For any d sugar, the conversion of a Fischer formula into a Haworth formula proceeds as follows: (1) any groups (atoms) that are directed to the right in the Fischer structure are given a downward orientation in the Haworth structure, (2) any groups (atoms) that are directed to the left in the Fischer structure are given an upward orientation in the Haworth structure, and (3) the terminal –CH₂OH group is given an upward orientation in the Haworth structure. For an l sugar, 1 and 2 are the same, but the terminal –CH₂OH group is projected downward. The structures of α-d-glucopyranose and β-d-fructofuranose illustrate the conversion (Figure 2.6). Note the shorthand form, in which only dashes are used to represent the positions of the –OH groups and all C-linked H atoms are omitted.

Figure 2.6

Conversion from Fischer to Haworth projection formula. Each hydroxyl (or hydroxymethylene) group projected to the right in the Fischer projection points down in the Haworth formula.

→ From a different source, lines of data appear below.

-- ===== src/Plugins/App2048/Moves.antt =====
-- Moves in plugins/app_2048/app_2048_logic.cpp and the test for the end of the game.
use protocol_design.Prelude.{
  ℕ, zero, suc, ◌+◌, ◌^◌, ◌<◌, ◌≡◌, ◌≢◌, refl, sym, ◌∙◌, List, [], ◌∷◌, Bool, false, not, ◌==◌,
  length, get_or, arith, All, All-get_or,
}
use protocol_design.Plugins.App2048.{
  Direction, left, right, up, down, Progress, move_line, move_lines, compress_line, same_line,
  read_line, fill_indices, any_move_possible, any, has_equal_neighbour, index_of,
}
use protocol_design.Plugins.App2048.Lines.{compress_line-changes}

-- A board without an empty cell and without equal neighbours.
pub record IsStuck (tiles : List ℕ) : Type 0 where
  pub full : (i : ℕ) → i < 16 → get_or tiles i 0 ≢ 0
  pub across :
      (x y : ℕ)
      → x < 3
      → y < 4
      → get_or tiles (index_of (x + 1) y) 0 ≢ get_or tiles (index_of x y) 0
  pub along :
      (x y : ℕ)
      → x < 4
      → y < 3
      → get_or tiles (index_of x (y + 1)) 0 ≢ get_or tiles (index_of x y) 0

any-full :
    (tiles : List ℕ) (i : ℕ)
    → any (λ v. v == 0) tiles ≡ false
    → i < length tiles
    → get_or tiles i 0 ≢ 0
any-full [] i h l = absurd (omega arith)
any-full (v ∷ tiles) zero h l = ground arith
any-full (v ∷ tiles) (suc i) h l = any-full tiles i (ground arith) (omega arith)

any-false :
    (test : ℕ → Bool) (i : ℕ) → any test (0 ∷ 1 ∷ 2 ∷ 3 ∷ []) ≡ false → i < 4 → test i ≡ false
any-false test zero h l = ground arith
any-false test (suc zero) h l = ground arith
any-false test (suc (suc zero)) h l = ground arith
any-false test (suc (suc (suc zero))) h l = ground arith
any-false test (suc (suc (suc (suc i)))) h l = absurd (omega arith)

any_move_possible-IsStuck :
    (tiles : List ℕ) → length tiles ≡ 16 → any_move_possible tiles ≡ false → IsStuck tiles
unfolding any_move_possible
any_move_possible-IsStuck tiles l h =
    let rows : any (λ y. any (has_equal_neighbour tiles y) (0 ∷ 1 ∷ 2 ∷ 3 ∷ []))
          (0 ∷ 1 ∷ 2 ∷ 3 ∷ [])
        ≡ false =
      ground arith in
    let apart = λ (x y : ℕ) (lx : x < 4) (ly : y < 4).
      any-false (has_equal_neighbour tiles y) x
        (any-false (λ z. any (has_equal_neighbour tiles z) (0 ∷ 1 ∷ 2 ∷ 3 ∷ [])) y rows ly) lx in
    record {
      full = λ i li. any-full tiles i (ground arith) (omega (arith, l));
      across = λ x y lx ly. ground (arith, apart x y (omega arith) ly);
      along = λ x y lx ly. ground (arith, apart x y lx (omega arith));
    }

module _ (tiles : List ℕ) (l : length tiles ≡ 16) (small : All (λ v. v < 2 ^ 31) tiles)
    (v : IsStuck tiles) where
  cells_still :
      (i j k m : ℕ)
      → i < 16
      → j < 16
      → k < 16
      → m < 16
      → get_or tiles i 0 ≢ get_or tiles j 0
      → get_or tiles j 0 ≢ get_or tiles k 0
      → get_or tiles k 0 ≢ get_or tiles m 0
      → let line = get_or tiles i 0 ∷ get_or tiles j 0 ∷ get_or tiles k 0 ∷ get_or tiles m 0 ∷ [] in
        not (same_line (compress_line line).tiles line) ≡ false
  cells_still i j k m li lj lk lm ij jk km =
      let fits = λ (n : ℕ). All-get_or (λ z. z < 2 ^ 31) tiles n 0 small (omega arith) in
      compress_line-changes (get_or tiles i 0) (get_or tiles j 0) (get_or tiles k 0)
        (get_or tiles m 0) (fits i) (fits j) (fits k) (fits m)
      ∙ ground (arith, v.full i li, v.full j lj, v.full k lk, v.full m lm)

  line_still :
      (d : Direction) (n : ℕ)
      → n < 4
      → let line = read_line tiles (fill_indices d n) in
        not (same_line (compress_line line).tiles line) ≡ false
  line_still left n l4 =
      cells_still (index_of 0 n) (index_of 1 n) (index_of 2 n) (index_of 3 n) (omega arith)
        (omega arith) (omega arith) (omega arith) (λ e. v.across 0 n (omega arith) l4 (sym e))
        (λ e. v.across 1 n (omega arith) l4 (sym e)) (λ e. v.across 2 n (omega arith) l4 (sym e))
  line_still right n l4 =
      cells_still (index_of 3 n) (index_of 2 n) (index_of 1 n) (index_of 0 n) (omega arith)
        (omega arith) (omega arith) (omega arith) (v.across 2 n (omega arith) l4)
        (v.across 1 n (omega arith) l4) (v.across 0 n (omega arith) l4)
  line_still up n l4 =
      cells_still (index_of n 0) (index_of n 1) (index_of n 2) (index_of n 3) (omega arith)
        (omega arith) (omega arith) (omega arith) (λ e. v.along n 0 l4 (omega arith) (sym e))
        (λ e. v.along n 1 l4 (omega arith) (sym e)) (λ e. v.along n 2 l4 (omega arith) (sym e))
  line_still down n l4 =
      cells_still (index_of n 3) (index_of n 2) (index_of n 1) (index_of n 0) (omega arith)
        (omega arith) (omega arith) (omega arith) (v.along n 2 l4 (omega arith))
        (v.along n 1 l4 (omega arith)) (v.along n 0 l4 (omega arith))

  -- The loop's variables say that nothing has happened yet.
  record IsStill (p : Progress) : Type 0 where
    same_tiles : p.tiles ≡ tiles
    not_changed : p.changed ≡ false

  move_line-IsStill :
      (d : Direction) (n : ℕ) (p : Progress) → n < 4 → IsStill p → IsStill (move_line d n p)
  unfolding move_line
  move_line-IsStill d n p l4 still =
      let e = line_still d n l4 in
      record {
        same_tiles = rw (still.same_tiles, e) refl;
        not_changed = rw (still.same_tiles, still.not_changed, e) refl;
      }

-- On a board of 16 tiles below 2 ^ 31 on which `any_move_possible` is false, the loop of `move`
-- changes nothing, whatever the direction.
pub move_lines_still :
    (tiles : List ℕ) (d : Direction) (p : Progress)
    → length tiles ≡ 16
    → All (λ v. v < 2 ^ 31) tiles
    → any_move_possible tiles ≡ false
    → p.tiles ≡ tiles
    → p.changed ≡ false
    → ((move_lines d p).tiles ≡ tiles) × ((move_lines d p).changed ≡ false)
move_lines_still tiles d p l small h e f =
    let v = any_move_possible-IsStuck tiles l h in
    let step = move_line-IsStill tiles l small v d in
    let start : IsStill tiles l small v p = record { same_tiles = e; not_changed = f } in
    let done =
      step 3 _ (omega arith)
        (step 2 _ (omega arith) (step 1 _ (omega arith) (step 0 p (omega arith) start))) in
    (done.same_tiles, done.not_changed)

Ring Conformation of Sugars

The planar Haworth structures are distorted representations of the actual molecules. The furanose ring is rather flexible and not entirely flat in any of its energetically favored conformations; e.g., it has a slight pucker when viewed from the side, as seen in the representations of the so-called envelope and twist (or skew) conformations (Figure 2.7). The preferred conformation of a pyranose ring is the chair conformation, similar to the structure of cyclohexane, and thus far from flat. In the chair conformation, the OH groups exist in either axial (vertical) or equatorial (nonvertical) positions (Figure 2.7). The conversion from Haworth projection to chair conformation leaves the downward or upward orientation of ring substituents unaltered. Two chair conformations can be distinguished, designated 4C1 and 1C4 or ⁴C₁ and ¹C₄, respectively (Figure 2.7). The first numeral (sometimes written as superscript) indicates the number of the ring carbon atom above the “seat of the chair (C),” and the second numeral (subscript) indicates the number of the ring carbon atom below the plane of the seat (spanned by C-2, C-3, C-5, and the ring O). Chair conformations are designated from structures with the ring oxygen atom in the top right corner of the ring “seat,” resulting in the clockwise appearance of the ring numbering. The boat conformation is energetically unfavorable for almost any pyranose.

Figure 2.7

(a) α-d-glucose in Haworth projection and in its ⁴C₁ and ¹C₄ chair conformations; (b) definitions of axial and equatorial orientations in a chair conformation (atoms C-2, C-3, C-5, and the ring oxygen form the seat of the chair); (c) envelope (more...)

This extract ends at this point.